(Work instructions) Using the data below, return the stretch from the line that contains "found).0 ≡ true" through the line that contains "raw) ≡ true", both included, exactly as it stands and nothing beyond it.

==========

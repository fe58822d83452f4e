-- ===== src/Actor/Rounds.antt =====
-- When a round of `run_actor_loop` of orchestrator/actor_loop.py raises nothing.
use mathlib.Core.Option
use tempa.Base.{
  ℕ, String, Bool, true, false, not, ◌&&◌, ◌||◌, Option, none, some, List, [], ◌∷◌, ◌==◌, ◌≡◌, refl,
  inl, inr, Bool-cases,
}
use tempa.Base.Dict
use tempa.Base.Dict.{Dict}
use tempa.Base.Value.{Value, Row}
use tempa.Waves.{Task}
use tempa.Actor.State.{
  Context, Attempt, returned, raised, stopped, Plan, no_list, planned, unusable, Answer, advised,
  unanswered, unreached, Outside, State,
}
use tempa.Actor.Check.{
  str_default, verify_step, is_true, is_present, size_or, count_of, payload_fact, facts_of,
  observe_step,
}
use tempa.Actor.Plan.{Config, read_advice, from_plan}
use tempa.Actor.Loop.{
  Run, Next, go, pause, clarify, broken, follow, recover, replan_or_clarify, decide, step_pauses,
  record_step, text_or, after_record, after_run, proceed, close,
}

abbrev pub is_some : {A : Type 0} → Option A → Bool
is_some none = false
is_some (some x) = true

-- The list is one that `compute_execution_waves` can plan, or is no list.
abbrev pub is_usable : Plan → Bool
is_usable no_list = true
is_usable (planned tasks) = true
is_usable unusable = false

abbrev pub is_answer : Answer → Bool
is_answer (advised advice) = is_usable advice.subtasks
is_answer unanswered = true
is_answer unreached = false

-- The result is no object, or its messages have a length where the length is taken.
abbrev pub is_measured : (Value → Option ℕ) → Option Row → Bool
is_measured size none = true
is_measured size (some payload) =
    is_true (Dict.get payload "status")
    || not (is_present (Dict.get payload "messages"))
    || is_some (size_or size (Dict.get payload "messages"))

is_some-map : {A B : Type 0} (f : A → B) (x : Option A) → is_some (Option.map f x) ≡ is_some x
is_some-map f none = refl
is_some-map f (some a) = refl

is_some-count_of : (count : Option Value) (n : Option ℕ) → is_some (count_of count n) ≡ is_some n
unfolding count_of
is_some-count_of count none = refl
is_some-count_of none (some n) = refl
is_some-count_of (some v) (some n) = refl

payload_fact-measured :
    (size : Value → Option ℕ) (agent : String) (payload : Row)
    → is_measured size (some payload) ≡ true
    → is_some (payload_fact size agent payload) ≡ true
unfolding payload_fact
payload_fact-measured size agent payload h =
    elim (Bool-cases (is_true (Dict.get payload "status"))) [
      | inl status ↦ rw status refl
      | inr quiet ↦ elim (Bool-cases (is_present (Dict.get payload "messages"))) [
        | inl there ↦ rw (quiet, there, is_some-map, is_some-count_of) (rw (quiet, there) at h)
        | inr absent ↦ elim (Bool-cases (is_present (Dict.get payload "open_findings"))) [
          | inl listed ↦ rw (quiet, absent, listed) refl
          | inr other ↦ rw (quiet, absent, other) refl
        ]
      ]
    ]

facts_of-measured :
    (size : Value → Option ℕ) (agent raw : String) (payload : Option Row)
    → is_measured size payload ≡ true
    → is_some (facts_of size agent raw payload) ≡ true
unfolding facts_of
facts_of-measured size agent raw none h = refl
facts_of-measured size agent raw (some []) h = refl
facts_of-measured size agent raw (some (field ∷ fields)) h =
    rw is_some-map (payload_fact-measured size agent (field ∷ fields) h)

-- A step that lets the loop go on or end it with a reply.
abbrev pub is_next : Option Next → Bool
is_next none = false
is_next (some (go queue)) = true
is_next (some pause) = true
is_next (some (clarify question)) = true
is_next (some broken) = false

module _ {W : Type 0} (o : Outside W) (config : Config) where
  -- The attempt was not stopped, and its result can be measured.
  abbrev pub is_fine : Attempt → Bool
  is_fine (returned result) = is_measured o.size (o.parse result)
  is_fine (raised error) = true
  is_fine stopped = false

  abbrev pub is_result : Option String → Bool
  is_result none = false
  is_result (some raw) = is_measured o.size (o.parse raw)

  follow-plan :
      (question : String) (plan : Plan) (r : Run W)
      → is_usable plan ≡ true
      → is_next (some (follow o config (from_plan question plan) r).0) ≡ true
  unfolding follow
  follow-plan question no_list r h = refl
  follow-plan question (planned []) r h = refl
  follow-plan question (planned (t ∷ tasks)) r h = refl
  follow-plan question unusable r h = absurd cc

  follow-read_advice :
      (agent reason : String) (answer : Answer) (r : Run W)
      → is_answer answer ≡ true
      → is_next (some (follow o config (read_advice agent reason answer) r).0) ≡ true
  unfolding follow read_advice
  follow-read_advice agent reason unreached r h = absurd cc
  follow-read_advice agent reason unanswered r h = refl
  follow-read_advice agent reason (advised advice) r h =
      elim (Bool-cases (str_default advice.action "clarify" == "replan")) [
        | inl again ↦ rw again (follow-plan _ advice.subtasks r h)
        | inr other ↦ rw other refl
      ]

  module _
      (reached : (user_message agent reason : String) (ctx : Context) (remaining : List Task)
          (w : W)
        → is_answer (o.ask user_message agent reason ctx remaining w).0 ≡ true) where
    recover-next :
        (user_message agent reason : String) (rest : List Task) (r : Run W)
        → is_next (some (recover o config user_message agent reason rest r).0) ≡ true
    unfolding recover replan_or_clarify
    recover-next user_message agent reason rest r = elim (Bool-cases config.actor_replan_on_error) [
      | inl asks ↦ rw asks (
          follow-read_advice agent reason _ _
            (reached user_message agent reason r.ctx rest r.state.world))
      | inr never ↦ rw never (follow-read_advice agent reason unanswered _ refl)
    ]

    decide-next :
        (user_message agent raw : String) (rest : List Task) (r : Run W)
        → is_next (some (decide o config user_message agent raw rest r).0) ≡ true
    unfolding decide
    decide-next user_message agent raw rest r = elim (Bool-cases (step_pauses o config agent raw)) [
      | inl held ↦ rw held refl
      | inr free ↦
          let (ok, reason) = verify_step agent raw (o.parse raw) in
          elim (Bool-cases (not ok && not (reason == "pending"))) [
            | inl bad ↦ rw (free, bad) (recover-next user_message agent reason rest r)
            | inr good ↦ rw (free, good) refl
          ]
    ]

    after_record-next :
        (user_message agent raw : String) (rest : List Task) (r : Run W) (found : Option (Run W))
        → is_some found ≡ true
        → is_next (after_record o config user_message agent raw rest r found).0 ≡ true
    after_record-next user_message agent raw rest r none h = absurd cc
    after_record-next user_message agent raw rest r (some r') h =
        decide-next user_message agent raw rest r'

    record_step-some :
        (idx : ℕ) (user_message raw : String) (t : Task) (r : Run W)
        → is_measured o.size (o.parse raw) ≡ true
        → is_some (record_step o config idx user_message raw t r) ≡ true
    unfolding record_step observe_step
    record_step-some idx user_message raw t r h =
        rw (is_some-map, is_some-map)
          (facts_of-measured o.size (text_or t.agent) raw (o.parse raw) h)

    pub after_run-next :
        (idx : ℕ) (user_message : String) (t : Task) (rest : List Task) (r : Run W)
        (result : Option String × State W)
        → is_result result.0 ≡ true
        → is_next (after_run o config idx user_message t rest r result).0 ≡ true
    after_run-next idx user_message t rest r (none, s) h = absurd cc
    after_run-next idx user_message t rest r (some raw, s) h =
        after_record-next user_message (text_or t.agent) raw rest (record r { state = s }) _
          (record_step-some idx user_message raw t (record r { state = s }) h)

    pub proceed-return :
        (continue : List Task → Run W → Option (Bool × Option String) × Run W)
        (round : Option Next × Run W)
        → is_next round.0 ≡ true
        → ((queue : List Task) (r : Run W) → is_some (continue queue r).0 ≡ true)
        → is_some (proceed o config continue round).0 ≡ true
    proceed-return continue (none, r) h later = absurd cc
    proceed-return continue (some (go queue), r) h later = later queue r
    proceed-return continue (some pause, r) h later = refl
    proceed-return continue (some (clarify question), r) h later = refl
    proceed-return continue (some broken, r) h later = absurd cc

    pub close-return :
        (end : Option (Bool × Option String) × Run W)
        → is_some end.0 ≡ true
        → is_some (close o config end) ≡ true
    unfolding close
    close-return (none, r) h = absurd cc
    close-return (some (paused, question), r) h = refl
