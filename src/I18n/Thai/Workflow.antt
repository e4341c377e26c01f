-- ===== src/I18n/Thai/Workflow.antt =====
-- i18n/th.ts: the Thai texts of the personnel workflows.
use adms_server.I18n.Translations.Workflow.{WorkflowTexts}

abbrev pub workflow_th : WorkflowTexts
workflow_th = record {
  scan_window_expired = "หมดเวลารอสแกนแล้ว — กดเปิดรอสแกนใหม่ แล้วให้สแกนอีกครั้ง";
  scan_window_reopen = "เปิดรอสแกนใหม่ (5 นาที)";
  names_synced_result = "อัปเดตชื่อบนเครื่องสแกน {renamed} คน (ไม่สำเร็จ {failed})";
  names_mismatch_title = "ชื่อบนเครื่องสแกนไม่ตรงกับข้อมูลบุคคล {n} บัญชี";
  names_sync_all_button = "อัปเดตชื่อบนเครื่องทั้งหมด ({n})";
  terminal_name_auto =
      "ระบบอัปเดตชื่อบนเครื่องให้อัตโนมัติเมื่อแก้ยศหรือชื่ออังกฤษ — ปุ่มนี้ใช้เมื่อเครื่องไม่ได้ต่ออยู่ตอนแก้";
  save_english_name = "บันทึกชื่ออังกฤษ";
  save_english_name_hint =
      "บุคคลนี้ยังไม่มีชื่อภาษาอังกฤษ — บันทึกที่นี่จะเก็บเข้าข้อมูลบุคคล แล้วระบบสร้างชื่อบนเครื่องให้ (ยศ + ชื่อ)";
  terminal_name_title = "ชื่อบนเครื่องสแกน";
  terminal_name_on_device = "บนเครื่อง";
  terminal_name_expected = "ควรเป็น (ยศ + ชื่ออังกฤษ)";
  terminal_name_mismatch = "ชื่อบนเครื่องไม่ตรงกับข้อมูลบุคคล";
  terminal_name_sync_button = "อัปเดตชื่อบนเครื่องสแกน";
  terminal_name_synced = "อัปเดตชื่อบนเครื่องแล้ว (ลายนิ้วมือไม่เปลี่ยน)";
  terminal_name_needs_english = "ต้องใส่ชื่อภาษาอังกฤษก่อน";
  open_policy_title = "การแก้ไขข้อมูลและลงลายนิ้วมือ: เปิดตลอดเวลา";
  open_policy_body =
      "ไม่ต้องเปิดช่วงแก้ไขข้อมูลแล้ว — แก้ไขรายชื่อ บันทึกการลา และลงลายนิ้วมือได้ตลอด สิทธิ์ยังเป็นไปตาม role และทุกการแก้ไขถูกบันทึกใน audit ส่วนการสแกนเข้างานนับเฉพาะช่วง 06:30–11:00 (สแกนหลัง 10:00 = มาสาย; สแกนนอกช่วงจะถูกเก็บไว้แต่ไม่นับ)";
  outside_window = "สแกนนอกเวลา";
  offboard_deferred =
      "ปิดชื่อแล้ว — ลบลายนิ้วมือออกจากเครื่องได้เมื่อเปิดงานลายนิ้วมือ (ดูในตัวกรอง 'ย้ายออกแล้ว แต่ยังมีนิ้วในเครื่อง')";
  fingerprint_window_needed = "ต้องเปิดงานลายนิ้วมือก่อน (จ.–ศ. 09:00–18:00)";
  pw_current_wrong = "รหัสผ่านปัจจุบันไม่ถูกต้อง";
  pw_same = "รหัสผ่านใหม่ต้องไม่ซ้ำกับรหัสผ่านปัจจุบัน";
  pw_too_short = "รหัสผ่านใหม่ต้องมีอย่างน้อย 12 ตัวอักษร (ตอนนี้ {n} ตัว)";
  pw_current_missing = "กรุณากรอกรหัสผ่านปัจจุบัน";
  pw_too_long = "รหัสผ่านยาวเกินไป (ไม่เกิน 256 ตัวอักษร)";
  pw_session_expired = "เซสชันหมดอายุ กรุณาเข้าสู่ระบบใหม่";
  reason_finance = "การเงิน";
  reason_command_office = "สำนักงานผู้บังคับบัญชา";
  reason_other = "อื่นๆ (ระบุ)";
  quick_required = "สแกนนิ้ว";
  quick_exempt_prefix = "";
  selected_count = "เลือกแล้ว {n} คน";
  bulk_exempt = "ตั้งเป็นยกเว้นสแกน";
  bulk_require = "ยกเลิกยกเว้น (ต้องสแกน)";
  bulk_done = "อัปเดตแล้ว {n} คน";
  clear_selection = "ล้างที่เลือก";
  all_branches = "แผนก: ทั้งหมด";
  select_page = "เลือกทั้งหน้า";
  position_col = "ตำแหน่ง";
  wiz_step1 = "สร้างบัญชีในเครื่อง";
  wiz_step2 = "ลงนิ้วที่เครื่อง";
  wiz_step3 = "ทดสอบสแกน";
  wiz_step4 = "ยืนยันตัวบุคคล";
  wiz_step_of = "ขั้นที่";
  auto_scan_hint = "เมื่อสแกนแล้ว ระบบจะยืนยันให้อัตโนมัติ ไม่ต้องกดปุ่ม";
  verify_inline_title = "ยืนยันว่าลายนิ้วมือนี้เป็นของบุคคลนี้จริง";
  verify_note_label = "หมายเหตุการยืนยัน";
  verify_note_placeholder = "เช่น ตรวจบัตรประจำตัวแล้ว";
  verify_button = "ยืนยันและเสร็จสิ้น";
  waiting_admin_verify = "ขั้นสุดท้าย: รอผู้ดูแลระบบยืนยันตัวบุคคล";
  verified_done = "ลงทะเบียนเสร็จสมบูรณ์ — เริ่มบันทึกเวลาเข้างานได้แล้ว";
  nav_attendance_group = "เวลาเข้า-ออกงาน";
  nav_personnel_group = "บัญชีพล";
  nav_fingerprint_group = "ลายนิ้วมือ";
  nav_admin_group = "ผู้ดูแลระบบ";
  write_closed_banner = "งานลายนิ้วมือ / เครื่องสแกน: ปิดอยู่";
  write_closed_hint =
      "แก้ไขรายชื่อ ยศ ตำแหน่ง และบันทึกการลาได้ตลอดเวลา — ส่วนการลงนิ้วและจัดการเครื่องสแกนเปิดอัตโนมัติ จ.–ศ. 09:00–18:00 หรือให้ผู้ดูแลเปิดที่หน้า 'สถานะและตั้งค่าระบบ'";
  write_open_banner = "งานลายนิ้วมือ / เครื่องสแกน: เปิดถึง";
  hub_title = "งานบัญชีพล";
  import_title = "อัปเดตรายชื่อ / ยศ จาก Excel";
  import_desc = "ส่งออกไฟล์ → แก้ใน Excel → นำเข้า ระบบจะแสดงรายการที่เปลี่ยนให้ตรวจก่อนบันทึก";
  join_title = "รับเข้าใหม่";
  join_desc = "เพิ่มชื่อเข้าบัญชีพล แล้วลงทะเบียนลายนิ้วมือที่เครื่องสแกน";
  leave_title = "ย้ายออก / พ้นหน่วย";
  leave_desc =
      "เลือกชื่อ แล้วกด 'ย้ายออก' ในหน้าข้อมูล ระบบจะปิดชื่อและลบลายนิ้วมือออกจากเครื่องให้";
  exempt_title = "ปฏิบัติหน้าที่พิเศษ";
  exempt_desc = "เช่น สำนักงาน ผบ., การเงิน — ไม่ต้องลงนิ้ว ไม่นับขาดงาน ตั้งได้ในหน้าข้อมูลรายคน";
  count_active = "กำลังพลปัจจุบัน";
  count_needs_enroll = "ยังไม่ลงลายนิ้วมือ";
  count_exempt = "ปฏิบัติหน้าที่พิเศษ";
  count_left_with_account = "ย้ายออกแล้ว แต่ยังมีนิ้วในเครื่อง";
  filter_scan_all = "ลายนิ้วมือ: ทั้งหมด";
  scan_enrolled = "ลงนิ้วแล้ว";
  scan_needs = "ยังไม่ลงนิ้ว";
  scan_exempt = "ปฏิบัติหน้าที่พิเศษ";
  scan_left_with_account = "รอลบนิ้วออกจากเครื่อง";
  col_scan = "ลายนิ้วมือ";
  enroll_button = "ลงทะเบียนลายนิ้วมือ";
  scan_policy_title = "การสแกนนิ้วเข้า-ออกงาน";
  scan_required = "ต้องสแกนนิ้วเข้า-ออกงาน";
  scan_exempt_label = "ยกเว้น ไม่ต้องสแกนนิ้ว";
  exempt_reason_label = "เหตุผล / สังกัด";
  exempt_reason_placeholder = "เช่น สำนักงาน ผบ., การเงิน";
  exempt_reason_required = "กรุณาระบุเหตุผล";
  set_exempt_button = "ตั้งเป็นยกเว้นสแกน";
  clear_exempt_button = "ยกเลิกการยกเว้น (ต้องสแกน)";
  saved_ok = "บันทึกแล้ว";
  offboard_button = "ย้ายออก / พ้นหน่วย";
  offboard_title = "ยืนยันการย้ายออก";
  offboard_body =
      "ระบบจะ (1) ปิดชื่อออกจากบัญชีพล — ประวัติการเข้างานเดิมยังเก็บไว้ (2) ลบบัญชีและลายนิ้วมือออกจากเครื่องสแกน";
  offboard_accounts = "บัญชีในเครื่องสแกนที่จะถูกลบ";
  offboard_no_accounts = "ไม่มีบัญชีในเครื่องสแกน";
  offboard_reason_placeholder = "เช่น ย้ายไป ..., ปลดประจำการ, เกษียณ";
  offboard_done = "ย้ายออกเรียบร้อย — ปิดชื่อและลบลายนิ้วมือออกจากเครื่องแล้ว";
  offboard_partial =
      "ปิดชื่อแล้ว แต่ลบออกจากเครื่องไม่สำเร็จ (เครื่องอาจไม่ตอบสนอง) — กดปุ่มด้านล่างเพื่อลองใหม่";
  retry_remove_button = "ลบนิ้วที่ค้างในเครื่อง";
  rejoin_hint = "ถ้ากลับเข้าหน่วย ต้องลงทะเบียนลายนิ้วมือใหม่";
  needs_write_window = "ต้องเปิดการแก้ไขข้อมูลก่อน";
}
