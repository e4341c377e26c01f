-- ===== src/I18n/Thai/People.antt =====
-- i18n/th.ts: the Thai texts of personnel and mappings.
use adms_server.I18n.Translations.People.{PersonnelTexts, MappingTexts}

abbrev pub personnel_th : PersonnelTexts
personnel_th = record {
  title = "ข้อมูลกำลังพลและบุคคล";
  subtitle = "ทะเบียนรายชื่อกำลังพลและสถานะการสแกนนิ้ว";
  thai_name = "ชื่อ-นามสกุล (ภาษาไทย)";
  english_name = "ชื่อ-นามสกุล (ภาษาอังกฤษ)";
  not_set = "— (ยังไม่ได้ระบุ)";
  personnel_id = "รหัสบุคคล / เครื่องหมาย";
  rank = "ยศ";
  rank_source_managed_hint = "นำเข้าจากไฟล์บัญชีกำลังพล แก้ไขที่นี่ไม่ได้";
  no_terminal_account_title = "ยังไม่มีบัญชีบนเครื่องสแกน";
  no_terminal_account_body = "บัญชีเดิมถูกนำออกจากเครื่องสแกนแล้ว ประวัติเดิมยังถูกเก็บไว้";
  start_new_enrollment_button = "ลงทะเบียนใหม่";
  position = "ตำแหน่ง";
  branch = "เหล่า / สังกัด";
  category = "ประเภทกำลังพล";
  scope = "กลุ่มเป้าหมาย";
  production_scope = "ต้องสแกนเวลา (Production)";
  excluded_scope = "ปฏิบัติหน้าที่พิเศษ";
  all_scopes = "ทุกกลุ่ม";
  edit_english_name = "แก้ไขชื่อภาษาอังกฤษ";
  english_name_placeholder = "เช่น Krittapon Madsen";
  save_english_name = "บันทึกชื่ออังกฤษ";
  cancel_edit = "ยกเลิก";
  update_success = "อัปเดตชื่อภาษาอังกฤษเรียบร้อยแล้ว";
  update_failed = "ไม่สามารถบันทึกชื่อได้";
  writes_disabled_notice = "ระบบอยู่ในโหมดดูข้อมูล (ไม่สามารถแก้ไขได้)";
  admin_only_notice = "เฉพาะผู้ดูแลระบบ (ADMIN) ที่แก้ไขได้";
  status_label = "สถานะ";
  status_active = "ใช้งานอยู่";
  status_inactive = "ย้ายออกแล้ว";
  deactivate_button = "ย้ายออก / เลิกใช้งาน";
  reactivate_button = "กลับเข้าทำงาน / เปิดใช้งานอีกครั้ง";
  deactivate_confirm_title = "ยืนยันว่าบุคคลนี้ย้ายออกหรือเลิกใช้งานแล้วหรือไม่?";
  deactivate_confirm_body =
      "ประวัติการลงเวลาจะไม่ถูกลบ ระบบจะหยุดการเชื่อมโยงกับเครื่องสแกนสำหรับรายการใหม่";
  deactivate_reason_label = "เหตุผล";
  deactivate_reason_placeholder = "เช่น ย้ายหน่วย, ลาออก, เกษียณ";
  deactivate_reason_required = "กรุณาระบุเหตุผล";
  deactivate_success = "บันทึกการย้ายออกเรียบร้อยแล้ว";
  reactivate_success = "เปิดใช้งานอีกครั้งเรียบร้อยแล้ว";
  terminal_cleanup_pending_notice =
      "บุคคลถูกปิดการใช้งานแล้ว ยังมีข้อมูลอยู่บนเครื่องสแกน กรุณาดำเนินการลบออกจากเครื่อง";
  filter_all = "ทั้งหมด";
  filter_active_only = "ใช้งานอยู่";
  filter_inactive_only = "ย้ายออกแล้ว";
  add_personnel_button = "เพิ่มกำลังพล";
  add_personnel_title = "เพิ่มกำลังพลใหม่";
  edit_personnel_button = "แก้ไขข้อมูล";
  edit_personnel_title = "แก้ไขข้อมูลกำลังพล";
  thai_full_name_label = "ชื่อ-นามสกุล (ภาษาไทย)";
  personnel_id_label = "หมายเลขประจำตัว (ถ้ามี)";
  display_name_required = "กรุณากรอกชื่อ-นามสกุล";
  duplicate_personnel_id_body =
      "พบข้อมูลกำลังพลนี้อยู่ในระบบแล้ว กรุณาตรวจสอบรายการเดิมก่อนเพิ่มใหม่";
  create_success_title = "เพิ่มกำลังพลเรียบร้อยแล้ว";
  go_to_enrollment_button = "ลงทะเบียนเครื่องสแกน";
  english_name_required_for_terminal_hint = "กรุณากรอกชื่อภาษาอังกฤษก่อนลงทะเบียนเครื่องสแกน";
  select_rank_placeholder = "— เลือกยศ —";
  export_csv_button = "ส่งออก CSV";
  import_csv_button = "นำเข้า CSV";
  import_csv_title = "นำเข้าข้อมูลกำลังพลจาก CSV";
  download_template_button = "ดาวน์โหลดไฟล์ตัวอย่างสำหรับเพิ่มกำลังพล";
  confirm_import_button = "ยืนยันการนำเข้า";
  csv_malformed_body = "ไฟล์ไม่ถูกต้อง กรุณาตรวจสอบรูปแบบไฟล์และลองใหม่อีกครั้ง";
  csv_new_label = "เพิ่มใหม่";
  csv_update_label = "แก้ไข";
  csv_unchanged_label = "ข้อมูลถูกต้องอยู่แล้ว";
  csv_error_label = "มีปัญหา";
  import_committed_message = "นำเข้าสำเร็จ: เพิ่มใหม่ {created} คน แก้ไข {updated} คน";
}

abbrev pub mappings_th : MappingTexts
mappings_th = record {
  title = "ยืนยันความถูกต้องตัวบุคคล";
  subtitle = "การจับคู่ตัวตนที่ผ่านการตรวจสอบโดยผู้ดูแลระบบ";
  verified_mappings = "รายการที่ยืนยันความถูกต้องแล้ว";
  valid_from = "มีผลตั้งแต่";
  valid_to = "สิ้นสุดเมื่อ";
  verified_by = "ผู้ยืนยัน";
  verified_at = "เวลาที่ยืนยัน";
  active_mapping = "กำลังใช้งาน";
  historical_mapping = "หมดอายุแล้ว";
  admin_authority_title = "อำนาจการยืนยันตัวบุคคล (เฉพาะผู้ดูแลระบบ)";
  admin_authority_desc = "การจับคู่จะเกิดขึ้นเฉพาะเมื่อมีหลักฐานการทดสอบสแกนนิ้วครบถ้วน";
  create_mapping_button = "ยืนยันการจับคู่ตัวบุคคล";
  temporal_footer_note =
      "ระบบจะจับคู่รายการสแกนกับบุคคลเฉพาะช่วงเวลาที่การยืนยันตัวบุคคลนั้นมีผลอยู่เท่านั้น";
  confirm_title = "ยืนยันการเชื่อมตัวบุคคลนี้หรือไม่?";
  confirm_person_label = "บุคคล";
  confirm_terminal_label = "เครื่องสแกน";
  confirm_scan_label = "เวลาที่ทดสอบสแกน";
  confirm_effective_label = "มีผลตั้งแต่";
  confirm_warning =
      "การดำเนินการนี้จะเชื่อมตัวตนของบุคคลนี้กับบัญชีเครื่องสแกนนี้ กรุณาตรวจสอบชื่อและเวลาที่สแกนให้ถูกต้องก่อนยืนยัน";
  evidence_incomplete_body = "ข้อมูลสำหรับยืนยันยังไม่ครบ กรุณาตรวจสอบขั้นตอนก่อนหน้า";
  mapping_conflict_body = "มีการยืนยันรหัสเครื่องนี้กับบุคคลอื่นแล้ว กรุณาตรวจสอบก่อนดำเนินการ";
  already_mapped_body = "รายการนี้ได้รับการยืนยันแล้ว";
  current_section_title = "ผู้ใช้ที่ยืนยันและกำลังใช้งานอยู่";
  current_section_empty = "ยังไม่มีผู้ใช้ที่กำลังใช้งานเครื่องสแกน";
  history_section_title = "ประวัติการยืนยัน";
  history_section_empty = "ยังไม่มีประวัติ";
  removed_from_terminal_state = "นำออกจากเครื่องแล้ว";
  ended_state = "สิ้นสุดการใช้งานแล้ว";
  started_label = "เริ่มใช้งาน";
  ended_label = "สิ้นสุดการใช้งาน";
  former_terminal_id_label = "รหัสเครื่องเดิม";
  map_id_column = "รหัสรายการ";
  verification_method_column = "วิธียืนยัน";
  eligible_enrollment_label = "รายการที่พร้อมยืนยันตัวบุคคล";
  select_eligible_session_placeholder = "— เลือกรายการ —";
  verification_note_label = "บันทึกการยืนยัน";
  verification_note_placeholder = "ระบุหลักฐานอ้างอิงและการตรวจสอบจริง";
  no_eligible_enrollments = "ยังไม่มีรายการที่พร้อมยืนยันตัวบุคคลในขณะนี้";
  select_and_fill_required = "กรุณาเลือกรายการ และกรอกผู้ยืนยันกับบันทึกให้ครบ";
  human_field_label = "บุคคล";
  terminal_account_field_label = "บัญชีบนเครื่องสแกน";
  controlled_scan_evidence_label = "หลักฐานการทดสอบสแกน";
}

==========

(Response)
        → is_next (after_record o config user_message agent raw rest r found).0 ≡ true
    after_record-next user_message agent raw rest r none h = absurd cc
    after_record-next user_message agent raw rest r (some r') h =
        decide-next user_message agent raw rest r'

    record_step-some :
        (idx : ℕ) (user_message raw : String) (t : Task) (r : Run W)
        → is_measured o.size (o.parse raw) ≡ true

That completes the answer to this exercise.